Study material:
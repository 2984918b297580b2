-- ===== src/Ingestion/Peers/Distinct.antt =====
-- The list of peers holds no address twice.
use qonduit.Common.{
  ℕ, List, [], ◌∷◌, ◌++◌, false, ◌||◌, ◌≡◌, refl, ◌∙◌, Option, none, some, Bool-cases, inl, inr,
  arith,
}
use qonduit.Bytes.{Bytes}
use qonduit.Core.Identity.{bytes_eq}
use qonduit.Ingestion.Peers.{
  SocketAddr, Peer, Operation, exchanged, broadcast, succeeded, failed, pruned, addr_eq, new_peer,
  known, update, saturating_inc, is_stale, add_peers_from_exchange, mark_broadcast, mark_success,
  mark_failure, prune_stale, apply_peers,
}
use qonduit.Ingestion.Peers.Known.{addr_eq_iff, known-append}
use qonduit.Ingestion.Peers.Bootstrap.{
  Change, operated, bootstrapped, add_parsed, add_listed, parse_peer_addr, bootstrap_from_api,
  apply_change, run_changes,
}

abbrev pub IsDistinct : List Peer → Type 0
IsDistinct [] = Unit
IsDistinct (p ∷ ps) = (known p.addr ps ≡ false) × IsDistinct ps

-- A new peer at the end, of an address that is not there.
append-IsDistinct :
    (p : Peer) (ps : List Peer)
    → known p.addr ps ≡ false
    → IsDistinct ps
    → IsDistinct (ps ++ (p ∷ []))
unfolding known
append-IsDistinct p [] new h = (refl, tt)
append-IsDistinct p (q ∷ qs) new (first, rest) = (
  known-append q.addr qs (p ∷ [])
      ∙ ground (arith, addr_eq_iff p.addr q.addr, addr_eq_iff q.addr p.addr),
  append-IsDistinct p qs (ground arith) rest,
)

known-update :
    (a addr : SocketAddr) (f : Peer → Peer) (ps : List Peer)
    → ((p : Peer) → (f p).addr ≡ p.addr)
    → known a (update addr f ps) ≡ known a ps
unfolding known update
known-update a addr f [] same = refl
known-update a addr f (p ∷ ps) same = elim (Bool-cases (addr_eq p.addr addr)) [
  | inl here ↦ rw here (rw (same p) refl)
  | inr other ↦ rw other (rw (known-update a addr f ps same) refl)
]

update-IsDistinct :
    (addr : SocketAddr) (f : Peer → Peer) (ps : List Peer)
    → ((p : Peer) → (f p).addr ≡ p.addr)
    → IsDistinct ps
    → IsDistinct (update addr f ps)
unfolding update
update-IsDistinct addr f [] same h = tt
update-IsDistinct addr f (p ∷ ps) same (first, rest) = elim (Bool-cases (addr_eq p.addr addr)) [
  | inl here ↦ rw here (rw (same p) first, rest)
  | inr other ↦
      rw other (known-update p.addr addr f ps same ∙ first, update-IsDistinct addr f ps same rest)
]

known-prune_stale :
    (now : ℕ) (a : SocketAddr) (ps : List Peer)
    → known a ps ≡ false
    → known a (prune_stale now ps) ≡ false
unfolding known prune_stale
known-prune_stale now a [] h = refl
known-prune_stale now a (p ∷ ps) h = ground (arith, known-prune_stale now a ps)

prune_stale-IsDistinct :
    (now : ℕ) (ps : List Peer) → IsDistinct ps → IsDistinct (prune_stale now ps)
unfolding prune_stale
prune_stale-IsDistinct now [] h = tt
prune_stale-IsDistinct now (p ∷ ps) (first, rest) = elim (Bool-cases (is_stale now p)) [
  | inl gone ↦ rw gone (prune_stale-IsDistinct now ps rest)
  | inr stays ↦ rw stays (known-prune_stale now p.addr ps first, prune_stale-IsDistinct now ps rest)
]

exchange-IsDistinct :
    (raws : List Bytes) (ps : List Peer)
    → IsDistinct ps
    → IsDistinct (add_peers_from_exchange raws ps)
unfolding add_peers_from_exchange
exchange-IsDistinct [] ps h = h
exchange-IsDistinct (raw ∷ raws) ps h =
    let addr : SocketAddr = record { ip = raw; port = 21841 } in
    elim (Bool-cases (bytes_eq raw (0 ∷ 0 ∷ 0 ∷ 0 ∷ []) || known addr ps)) [
      | inl skip ↦ rw skip (exchange-IsDistinct raws ps h)
      | inr new ↦
          rw new
            (exchange-IsDistinct raws _ (append-IsDistinct (new_peer addr) ps (ground arith) h))
    ]

mark_success-IsDistinct :
    (now : ℕ) (addr : SocketAddr) (ps : List Peer)
    → IsDistinct ps
    → IsDistinct (mark_success now addr ps)
unfolding mark_success
mark_success-IsDistinct now addr ps h = elim (Bool-cases (known addr ps)) [
  | inl old ↦ rw old (update-IsDistinct addr _ ps (λ p. refl) h)
  | inr new ↦ rw new (append-IsDistinct _ ps new h)
]

apply_peers-IsDistinct :
    (o : Operation) (ps : List Peer) → IsDistinct ps → IsDistinct (apply_peers o ps)
unfolding apply_peers mark_broadcast mark_failure
apply_peers-IsDistinct (exchanged raws) ps h = exchange-IsDistinct raws ps h
apply_peers-IsDistinct (broadcast now addr) ps h =
    update-IsDistinct addr
      (λ p. record p { broadcast_count = saturating_inc p.broadcast_count; last_seen = some now })
      ps (λ p. refl) h
apply_peers-IsDistinct (succeeded now addr) ps h = mark_success-IsDistinct now addr ps h
apply_peers-IsDistinct (failed now addr) ps h =
    update-IsDistinct addr
      (λ p. record p { failure_count = saturating_inc p.failure_count; last_failure = some now }) ps
      (λ p. refl) h
apply_peers-IsDistinct (pruned now) ps h = prune_stale-IsDistinct now ps h

add_parsed-IsDistinct :
    (o : Option SocketAddr) (ps : List Peer) → IsDistinct ps → IsDistinct (add_parsed o ps)
unfolding add_parsed
add_parsed-IsDistinct none ps h = h
add_parsed-IsDistinct (some addr) ps h = elim (Bool-cases (known addr ps)) [
  | inl old ↦ rw old h
  | inr new ↦ rw new (append-IsDistinct (new_peer addr) ps new h)
]

add_listed-IsDistinct :
    (port : ℕ) (texts : List Bytes) (ps : List Peer)
    → IsDistinct ps
    → IsDistinct (add_listed port texts ps)
unfolding add_listed
add_listed-IsDistinct port [] ps h = h
add_listed-IsDistinct port (ip_str ∷ rest) ps h =
    add_listed-IsDistinct port rest _ (add_parsed-IsDistinct (parse_peer_addr ip_str port) ps h)

apply_change-IsDistinct :
    (c : Change) (ps : List Peer) → IsDistinct ps → IsDistinct (apply_change c ps)
unfolding apply_change bootstrap_from_api
apply_change-IsDistinct (operated o) ps h = apply_peers-IsDistinct o ps h
apply_change-IsDistinct (bootstrapped none) ps h = h
apply_change-IsDistinct (bootstrapped (some body)) ps h =
    add_listed-IsDistinct 21842 body.bob_peers _ (add_listed-IsDistinct 21841 body.lite_peers ps h)

-- If no two peers of the list have the same address, then none have after any exchanges,
-- bootstraps, marks and prunings.
pub run_changes-IsDistinct :
    (cs : List Change) (ps : List Peer) → IsDistinct ps → IsDistinct (run_changes cs ps)
unfolding run_changes
run_changes-IsDistinct [] ps h = h
run_changes-IsDistinct (c ∷ cs) ps h =
    run_changes-IsDistinct cs (apply_change c ps) (apply_change-IsDistinct c ps h)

Task to complete:
Within the material above, please work out how many lines contain the word "failed" and give that number by itself.

Result for this exercise:
2